As for the notion that “following the law” is sufficient for doing the right, or that loyalty to shareholders is superior to that to country, what self-respecting conservative settles for such a selfish rationale? Implicit in two of their favorite phrases, “personal responsibility” and “traditional values,” is the notion that one ought to live a life of integrity, honesty, and hard work where you fulfill your obligations to your family and community. These are eternal values, and ones that are neither superseded by lust for money nor the law. Obeying the law is only the starting point of the path towards living the upright life, not the end point. Oftentimes the law is wrong, which is why people fight so hard to change it.

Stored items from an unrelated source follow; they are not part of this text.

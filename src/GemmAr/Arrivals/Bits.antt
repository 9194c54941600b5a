-- ===== src/GemmAr/Arrivals/Bits.antt =====
-- The number of bits of a word.
use m_kernel.Prelude.{ℕ, arith, ◌≤◌, bit_or, zero, suc, ◌/◌, ◌≡◌, ap}
use m_kernel.Prelude.Words.{bit_or_halves}
use m_kernel.GemmAr.Arrivals.{popc}

-- Setting bits does not make them fewer.
pub popc-bit_or : (w a b : ℕ) → popc w a ≤ popc w (bit_or a b)
unfolding popc
popc-bit_or zero a b = omega arith
popc-bit_or (suc w) a b =
    ground (arith, bit_or_halves a b, popc-bit_or w (a / 2) (b / 2), ap (popc w) (half a b))
  where
    half : (a b : ℕ) → bit_or a b / 2 ≡ bit_or (a / 2) (b / 2)
    half a b = ground (arith, bit_or_halves a b)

The simple truth is that morality and integrity does not take a holiday. Your country and community does not cease to exist when it proves inconvenient, only to magically reappear when you want it to. Conservatives ought to be the first to decry tax evasion as an illegal act that not only cheapens personal character, but also undermines the nature of citizenship itself in this republic. This lesson needs to be taught again and again, through education and professional organizations and law enforcement, until elites begin to understand what it actually means.
Elites used to understand this once. Over a century ago billionaire businessman Andrew Carnegie operated on the notion that the rich had an obligation to society and that they ought to donate all of their wealth to improving the condition of their fellow man. Being a competitive spirit, he even got into a contest with John D. Rockefeller of Standard Oil to see who could give away the most money. Henry Ford doubled the wage of his employees in an effort to both stop high turnover as well as to increase the market for his products. However, even though he had a mercenary motive and only sought to improve his profits, Ford still invested more in the American people than most tycoons are willing to do today. It’s a sign of how bad contemporary ethics are when even the robber-barons of yesteryear start looking like moral paragons compared to today’s leaders.
It is apparent that tax evasion is one of the biggest threats to the world today. It undermines good governance around the world with the destruction of the tax base that damages communities everywhere. It undermines law and order by encouraging organized crime and illegal activity by the banking industry. It undermines individual character and the fabric of society by promoting greed and selfishness. While progress is being made to stop tax evasion, many of the tools we have remain stored away. It is time to start using them.